Çocuklar vücut lisanlarıyla, hareketleriyle, yaşadıklarıyla bunun işaretini veriyorlar. Onlar anlatıyor da biz duymasını biliyor muyuz? Ebeveynler, büyükler, öğretmenler bunu görebiliyor muyuz, duymak istiyor muyuz? Fizikî şiddete, duygusal istismara uğrayan bir çocuğu gördüğümüzde biz ondaki değişikliği görmüyor muyuz? Görüyoruz lakin bildirmiyoruz. Bence bunu sorgulamamız lazım. Her çocuk işaret verir. Bir çocuk okula gitmek istemiyorsa, öğretmeninden ihmale ve ya istismara uğradıysa ve biz tabletlere, cep telefonlarına bakıp çocuğun yüzüne bakamıyorsak ya da çocuk “Anne bir düş gördüm, duşta arkadaşıma bu türlü yapıyordu” diyorsa biz sorunu görmezden geliyoruz demektir. Bizim bildirim yapmayanlarla ilgili de bir maddeyi hayata geçirmemiz gerekiyor. Bir uzmanın yahut öğretmenin bu raporlarda yazdıkları çok değerli. Detaylı bir formda tramvayı anlatsa bunlar davalarda bizim için çok önemli ve bizi güçlendirecek ögeler.

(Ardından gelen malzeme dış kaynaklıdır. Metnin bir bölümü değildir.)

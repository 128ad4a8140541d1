-- ===== src/Master/Handlers.antt =====
-- src/master/master.h and master.cc: the requests on the namespace. A section of a handler that holds
-- the state's mutex is one function; the locks of the lock table and the waits for the log are left
-- out. `logged` is what was given to `OpLog::Append`, in order.
pub mod Chunks
pub mod Holders
pub mod Beats
pub mod Gc
pub mod Spared
pub mod Meanwhile
pub mod Placement
pub mod Replay
pub mod Bumped
pub mod Collection
pub mod Removal
pub mod Logged
pub mod Runs
use gfs_impl_cpp.Base.{
  if◌then◌else◌, is_some, length, ℕ, zero, suc, ◌+◌, Bool, true, false, not, ◌&&◌, ◌||◌, Option,
  none, some, List, [], ◌∷◌, ◌++◌,
}
use gfs_impl_cpp.Base.Bytes.{Bytes, bytes, bytes_key}
use gfs_impl_cpp.Base.Int.{ℤ, pos, ◌+ℤ◌}
use gfs_impl_cpp.Base.Map.{nat_key, Set, keys, insert}
use gfs_impl_cpp.Common.Config.{Config, effective_max_record_append_size}
use gfs_impl_cpp.Common.Paths.{
  root, bytes_eq, is_valid_path, is_hidden_path, hidden_name_for, is_ancestor_or_self,
}
use gfs_impl_cpp.Master.Namespace
use gfs_impl_cpp.Master.Namespace.{Files, ListEntry}
use gfs_impl_cpp.Master.ChunkTable
use gfs_impl_cpp.Master.ChunkTable.{ChunkTable}
use gfs_impl_cpp.Master.Registry.{Servers}
use gfs_impl_cpp.Master.State.{
  MasterState, LogRecord, creates, renames, removes, snapshot, apply_create, apply_rename,
  apply_remove, apply_snapshot,
}
use gfs_impl_cpp.Master.LeaseManager.{is_valid}

pub data StatusCode : Type 0 where
  ok : StatusCode
  invalid_argument : StatusCode
  not_found : StatusCode
  already_exists : StatusCode

pub record Status : Type 0 where
  pub code : StatusCode
  pub message : Bytes

abbrev pub status_ok : Status
status_ok = record { code = ok; message = [] }

abbrev pub invalid : Bytes → Status
invalid message = record { code = invalid_argument; message = message }

abbrev pub missing : Bytes → Status
missing message = record { code = not_found; message = message }

abbrev pub existing : Bytes → Status
existing message = record { code = already_exists; message = message }

pub record Master : Type 0 where
  pub state : MasterState
  pub registry : Servers
  pub logged : List LogRecord

-- `Log(record)`
abbrev pub log : Master → LogRecord → Master
log m r = record m { logged = m.logged ++ r ∷ [] }

-- The status of a path that does not pass, none for one that does.
unfoldable pub check_path : Bytes → Bool → Option Status
check_path path allow_root =
    if not (is_valid_path path)
    then some (invalid (bytes "malformed path: " ++ path))
    else if not allow_root && bytes_eq path root
    then some (invalid (bytes "the root is not a file"))
    else none

abbrev pub ancestor_is_file : Bytes → Status
ancestor_is_file path = invalid (bytes "an ancestor of " ++ (path ++ bytes " is a file"))

unfoldable pub get_cluster_info : Config → ℕ × ℕ
get_cluster_info config = (config.chunk_size, effective_max_record_append_size config)

-- The section of `Create` behind the check of the path.
unfoldable pub create_section : Master → Bytes → Master × Status
create_section m path =
    if Namespace.exists m.state.files path || Namespace.is_directory m.state.files path
    then (m, existing path)
    else if Namespace.has_file_ancestor m.state.files path
    then (m, ancestor_is_file path)
    else (log (record m { state = apply_create m.state path }) (creates path), status_ok)

unfoldable pub create : Master → Bytes → Master × Status
create m path = elim (check_path path false) [
  | some status ↦ (m, status)
  | none ↦ create_section m path
]

-- The status and `chunk_count`.
unfoldable pub open_file : Master → Bytes → Status × ℕ
open_file m path = elim (check_path path false) [
  | some status ↦ (status, 0)
  | none ↦ elim (Namespace.find m.state.files path) [
    | none ↦ (missing path, 0)
    | some meta ↦ (status_ok, length meta.chunks)
  ]
]

-- The loop that looks for a free hidden name; `fuel` bounds its rounds, none where it runs out.
unfoldable pub free_hidden_name : ℕ → Files → Bytes → ℤ → Option Bytes
free_hidden_name zero files path stamp = none
free_hidden_name (suc fuel) files path stamp =
    let rest = free_hidden_name fuel files path (stamp +ℤ pos 1) in
    let hidden = hidden_name_for path stamp in
    if Namespace.exists files hidden then rest else some hidden

-- The section of `Remove`; `now` is `UnixSeconds()`. A file is looked up at most once more often than
-- there are files. None never occurs.
unfoldable pub remove_section : Master → Bytes → ℤ → Option (Master × Status)
remove_section m path now =
    let files = m.state.files in
    if not (Namespace.exists files path)
    then some (m, missing path)
    else if is_hidden_path path
    then some (log (record m { state = apply_remove m.state path }) (removes path), status_ok)
    else elim (free_hidden_name (length files + 1) files path now) [
      | none ↦ none
      | some hidden ↦ some (
        log (record m { state = apply_rename m.state path hidden }) (renames path hidden),
        status_ok,
      )
    ]

unfoldable pub remove : Master → Bytes → ℤ → Option (Master × Status)
remove m path now = elim (check_path path false) [
  | some status ↦ some (m, status)
  | none ↦ remove_section m path now
]

unfoldable pub all_handles : Files → List ℕ
all_handles [] = []
all_handles ((path, meta) ∷ files) = meta.chunks ++ all_handles files

-- The checks that `Rename` and `Snapshot` make before they lock.
unfoldable pub check_pair : Bytes → Bytes → Option Status
check_pair source target = elim (check_path source false) [
  | some status ↦ some status
  | none ↦ elim (check_path target false) [
    | some status ↦ some status
    | none ↦
        if bytes_eq source target
        then some (existing target)
        else if is_ancestor_or_self source target
        then some (invalid (bytes "target is inside the source"))
        else none
  ]
]

-- The checks of their first section.
unfoldable pub check_move : Files → Bytes → Bytes → Option Status
check_move files source target =
    if not (Namespace.exists files source) && not (Namespace.is_directory files source)
    then some (missing source)
    else if Namespace.exists files target || Namespace.is_directory files target
    then some (existing target)
    else if Namespace.has_file_ancestor files target
    then some (ancestor_is_file target)
    else none

-- The last section of `Rename`.
unfoldable pub rename_section : Master → Bytes → Bytes → Master
rename_section m source target =
    log (record m { state = apply_rename m.state source target }) (renames source target)

-- `Rename`. `revoking` is `RevokeLeasesOn` for the handles, with all that other threads do meanwhile.
unfoldable pub rename : (List ℕ → Master → Master) → Master → Bytes → Bytes → Master × Status
rename revoking m source target = elim (check_pair source target) [
  | some status ↦ (m, status)
  | none ↦ elim (check_move m.state.files source target) [
    | some status ↦ (m, status)
    | none ↦
        let handles = all_handles (Namespace.subtree m.state.files source false) in
        (rename_section (revoking handles m) source target, status_ok)
  ]
]

-- `std::set<uint64_t>` of the handles.
unfoldable pub handle_set : List ℕ → Set ℕ
handle_set [] = []
handle_set (handle ∷ handles) = insert handle tt (handle_set handles)

-- `meta->lease.reset()` for the leases that are no longer valid.
unfoldable pub reset_leases : Config → ℤ → List ℕ → ChunkTable → ChunkTable
reset_leases config now [] t = t
reset_leases config now (handle ∷ handles) t =
    reset_leases config now handles (elim (ChunkTable.find t handle) [
      | none ↦ t
      | some meta ↦
          if is_some meta.lease && not (is_valid config meta now)
          then ChunkTable.put t handle (record meta { lease = none })
          else t
    ])

-- The section of `SnapshotFinish`.
unfoldable pub snapshot_section : Config → Master → Bytes → Bytes → List ℕ → ℤ → Master
snapshot_section config m source target handles now =
    let s = record m.state { chunks = reset_leases config now handles m.state.chunks } in
    log (record m { state = apply_snapshot s source target }) (snapshot source target)

-- `Snapshot` and the `SnapshotFinish` that it calls or puts off; `now` is the clock's reading there.
unfoldable pub take_snapshot :
    Config → (List ℕ → Master → Master) → Master → Bytes → Bytes → ℤ → Master × Status
take_snapshot config revoking m source target now = elim (check_pair source target) [
  | some status ↦ (m, status)
  | none ↦ elim (check_move m.state.files source target) [
    | some status ↦ (m, status)
    | none ↦
        let handles =
          keys (handle_set (all_handles (Namespace.subtree m.state.files source true))) in
        (snapshot_section config (revoking handles m) source target handles now, status_ok)
  ]
]

unfoldable pub find_matching_files : Master → Bytes → Bool → Status × List ListEntry
find_matching_files m directory include_hidden = elim (check_path directory true) [
  | some status ↦ (status, [])
  | none ↦
      if Namespace.exists m.state.files directory
      then (invalid (directory ++ bytes " is a file"), [])
      else if not (bytes_eq directory root) && not (Namespace.is_directory m.state.files directory)
      then (missing directory, [])
      else (status_ok, Namespace.list_directory m.state.files directory include_hidden)
]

İhtisaslaşmış mahkemeler olmasını istiyorsunuz. Bu mahkemelerin çocuklar için ne yararı olacak?
Biz istismara maruz kalmış çocuklar için ihtisas mahkemeleri kurulmasını öneriyor ve önemsiyoruz. Bu çocuklar uyuşturucu ve cinayet evraklarıyla birlikte tıpkı yerde oluyorlar. Adliye koridorunda birlikte bekliyorlar. O cüppenin karşısında biz koca koca beşerler titrerken o çocuklar nasıl anlatacaklar yaşadıklarını? Mahkeme salonu bize kocaman gelirken çocuklara stat üzere gözüküyor. Çocuklar için uzmanlaşmış mahkemelerin kurulması çok önemli. İhtisaslaşmış, jandarma ve çocuk şubede kanıtları toplamada birebir terörle uğraştaki üzere takımlar olması gerekiyor.
Çocuklara yönelik istismar artışını neye bağlıyorsunuz?
Öncelikle 2004’ten sonra doğan Z jenerasyonu toplumsal medyayı kullanıp konuşuyorlar. İstismarcılar ortamızda daima vardı. Şu anki çocuklar farkındalığı artmış çocuklar ve durumu izah ediyorlar. Bu yeni dünyanın çocukları haklarını bilerek geliyor. Bugün Türkiye’nin en ücra köşesinde bile interneti olan çocuk var ve istismar haberini görebiliyor. Diyor ki, “Benim bulunduğum köyde istismarlarda oluyor”. Kimi davalarda aile değil çocuk şikâyetçi oluyor. Artışın nedeni artık çocuklar konuşuyor.